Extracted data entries
-- ===== src/PagePool.antt =====
-- page_pool.c and include/linux/mm.h: reference-counted pages on the global list `lcompat_pages`.
-- The list is the sequence of its pages; a `struct page` is known by its address. What `kzalloc` and
-- `alloc_frames_bytes` return is an argument (`Grant`); calls of `free_frames_bytes` are logged.
-- The lock serialises the operations, so each is one step.
pub mod Order
pub mod Invariant
pub mod Lists
pub mod Counts
pub mod Refcount
pub mod Blocks
pub mod Lookup
use lcompat.Base.{
  ℕ, zero, suc, ◌+◌, ◌-◌, ◌*◌, ◌/◌, ◌%◌, ◌^◌, ◌++◌, Bool, true, false, ◌&&◌, Option, none, some,
  List, [], ◌∷◌, map, ltb, leb, ◌==◌, if◌then◌else◌,
}
use lcompat.Base.Words.{u64_mod, ulong_max, add_u32, sub_u32, add_u64}

-- `struct page`; `ptr` is its own address, `pp` that of its pool (0 is NULL).
pub record Page : Type 0 where
  pub ptr : ℕ
  pub addr : ℕ
  pub size : ℕ
  pub pp : ℕ
  pub dma_addr : ℕ
  pub refcnt : ℕ

-- The pages in list order, and the (address, size) pairs given back by `free_frames_bytes`.
pub record Pages : Type 0 where
  pub live : List Page
  pub freed : List (ℕ × ℕ)

-- The results of the two allocations, 0 for NULL.
pub record Grant : Type 0 where
  pub page : ℕ
  pub frames : ℕ

abbrev pub page_size : ℕ
page_size = 4096

abbrev pub page_shift : ℕ
page_shift = 12

-- `sizeof(struct page)`
abbrev pub sizeof_page : ℕ
sizeof_page = 56

unfoldable pub find_page : ℕ → List Page → Option Page
find_page p [] = none
find_page p (pg ∷ pgs) = if pg.ptr == p then some pg else find_page p pgs

-- A write through a page's address.
unfoldable pub update_page : ℕ → (Page → Page) → List Page → List Page
update_page p f [] = []
update_page p f (pg ∷ pgs) = if pg.ptr == p then f pg ∷ pgs else pg ∷ update_page p f pgs

-- `list_del_init` of the page with that address.
unfoldable pub delete_page : ℕ → List Page → List Page
delete_page p [] = []
delete_page p (pg ∷ pgs) = if pg.ptr == p then pgs else pg ∷ delete_page p pgs

unfoldable pub new_page : Grant → ℕ → ℕ → Page
new_page g pool size = record {
  ptr = g.page;
  addr = g.frames;
  size = size;
  pp = pool;
  dma_addr = g.frames;
  refcnt = 1;
}

-- `lcompat_page_alloc`
unfoldable pub page_alloc : Grant → (pool size : ℕ) → Pages → ℕ × Pages
unfolding new_page
page_alloc g pool size k =
    let size' = if size == 0 then page_size else size in
    if ltb (ulong_max - sizeof_page) size'
    then (0, k)
    else if g.page == 0
    then (0, k)
    else (g.page, record k { live = k.live ++ (new_page g pool size' ∷ []) })

-- `lcompat_page_free` of a page that is on the list
unfoldable pub page_free : Page → Pages → Pages
unfolding delete_page
page_free pg k = record { live = delete_page pg.ptr k.live; freed = (pg.addr, pg.size) ∷ k.freed }

-- `virt_to_head_page`: the first page whose range holds the address, 0 for NULL
unfoldable pub find_addr : ℕ → List Page → ℕ
find_addr target [] = 0
find_addr target (pg ∷ pgs) =
    if leb pg.addr target && ltb target (add_u64 pg.addr pg.size)
    then pg.ptr
    else find_addr target pgs

unfoldable pub virt_to_head_page : ℕ → Pages → ℕ
unfolding find_addr
virt_to_head_page addr k = if addr == 0 then 0 else find_addr addr k.live

-- `page_address`; `none` is a read of a page that is not live.
unfoldable pub page_address : ℕ → Pages → Option ℕ
unfolding find_page
page_address p k =
    if p == 0 then some 0 else elim (find_page p k.live) [ none ↦ none | some pg ↦ some pg.addr ]

-- `get_page`
unfoldable pub get_page : ℕ → Pages → Option Pages
unfolding find_page update_page
get_page p k = if p == 0 then some k else elim (find_page p k.live) [
  | none ↦ none
  | some pg ↦
      some
        (record k { live = update_page p (λ q. record q { refcnt = add_u32 pg.refcnt 1 }) k.live })
]

-- `put_page`
unfoldable pub put_page : ℕ → Pages → Option Pages
unfolding find_page update_page page_free
put_page p k = if p == 0 then some k else elim (find_page p k.live) [
  | none ↦ none
  | some pg ↦ some (
      if sub_u32 pg.refcnt 1 == 0 then page_free pg k else record k {
        live = update_page p (λ q. record q { refcnt = sub_u32 pg.refcnt 1 }) k.live;
      })
]

-- `__dev_alloc_pages`; `size <<= order` drops the bits above 64.
unfoldable pub dev_alloc_pages : Grant → (order : ℕ) → Pages → ℕ × Pages
unfolding page_alloc
dev_alloc_pages g order k =
    if leb 64 order then (0, k) else page_alloc g 0 ((page_size * 2 ^ order) % u64_mod) k

-- The loop of `get_order`: `while (pages) { pages >>= 1; order++; }`, with fuel.
unfoldable pub order_loop : ℕ → (pages order : ℕ) → ℕ
order_loop zero pages order = order
order_loop (suc fuel) pages order = elim (pages == 0) [
  | true ↦ order
  | false ↦ order_loop fuel (pages / 2) (order + 1)
]

-- An `unsigned long` loses its last bit in at most 64 rounds.
unfoldable pub get_order : ℕ → ℕ
unfolding order_loop
get_order size = if leb size page_size then 0 else order_loop 64 ((size - 1) / 2 ^ page_shift) 0

-- `struct page_pool`: its parameters are only stored, and of its counters these three are counted.
pub record Pool : Type 0 where
  pub ptr : ℕ
  pub alloc_slow : ℕ
  pub alloc_empty : ℕ
  pub release_slow : ℕ

-- The loop of `page_pool_destroy`: pages outlive their pool, and forget it.
unfoldable pub disown : ℕ → Page → Page
disown pool pg = if pg.pp == pool then record pg { pp = 0 } else pg

unfoldable pub page_pool_destroy : ℕ → Pages → Pages
unfolding disown
page_pool_destroy pool k = if pool == 0 then k else record k { live = map (disown pool) k.live }

-- The pool's address, 0 for NULL.
abbrev pub pool_ptr : Option Pool → ℕ
pool_ptr none = 0
pool_ptr (some pool) = pool.ptr

abbrev pub count_alloc : Bool → Pool → Pool
count_alloc true pool = record pool { alloc_slow = add_u64 pool.alloc_slow 1 }
count_alloc false pool = record pool { alloc_empty = add_u64 pool.alloc_empty 1 }

abbrev pub map_pool : (Pool → Pool) → Option Pool → Option Pool
map_pool f none = none
map_pool f (some pool) = some (f pool)

-- `page_pool_alloc_frag`; the written `*offset` is the second part, unwritten on failure.
unfoldable pub page_pool_alloc_frag :
    Grant → Option Pool → ℕ → Pages → ℕ × Option ℕ × Option Pool × Pages
unfolding page_alloc
page_pool_alloc_frag g pool size k =
    let (p, k') = page_alloc g (pool_ptr pool) (if size == 0 then page_size else size) k in
    if p == 0
    then (0, none, map_pool (count_alloc false) pool, k')
    else (p, some 0, map_pool (count_alloc true) pool, k')

-- `page_pool_put_full_page`
unfoldable pub page_pool_put_full_page : Option Pool → ℕ → Pages → Option (Option Pool × Pages)
unfolding put_page
page_pool_put_full_page pool p k = elim (put_page p k) [
  | none ↦ none
  | some k' ↦ some (map_pool (λ q. record q { release_slow = add_u64 q.release_slow 1 }) pool, k')
]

**PROBLEM DETAILS**
Return a word-for-word copy of the lines above from the one holding "pub record Pool : Type 0 where" through the one holding "page_pool_alloc_frag g pool", with both of them included and nothing besides.

**REPLY**
pub record Pool : Type 0 where
  pub ptr : ℕ
  pub alloc_slow : ℕ
  pub alloc_empty : ℕ
  pub release_slow : ℕ

-- The loop of `page_pool_destroy`: pages outlive their pool, and forget it.
unfoldable pub disown : ℕ → Page → Page
disown pool pg = if pg.pp == pool then record pg { pp = 0 } else pg

unfoldable pub page_pool_destroy : ℕ → Pages → Pages
unfolding disown
page_pool_destroy pool k = if pool == 0 then k else record k { live = map (disown pool) k.live }

-- The pool's address, 0 for NULL.
abbrev pub pool_ptr : Option Pool → ℕ
pool_ptr none = 0
pool_ptr (some pool) = pool.ptr

abbrev pub count_alloc : Bool → Pool → Pool
count_alloc true pool = record pool { alloc_slow = add_u64 pool.alloc_slow 1 }
count_alloc false pool = record pool { alloc_empty = add_u64 pool.alloc_empty 1 }

abbrev pub map_pool : (Pool → Pool) → Option Pool → Option Pool
map_pool f none = none
map_pool f (some pool) = some (f pool)

-- `page_pool_alloc_frag`; the written `*offset` is the second part, unwritten on failure.
unfoldable pub page_pool_alloc_frag :
    Grant → Option Pool → ℕ → Pages → ℕ × Option ℕ × Option Pool × Pages
unfolding page_alloc
page_pool_alloc_frag g pool size k =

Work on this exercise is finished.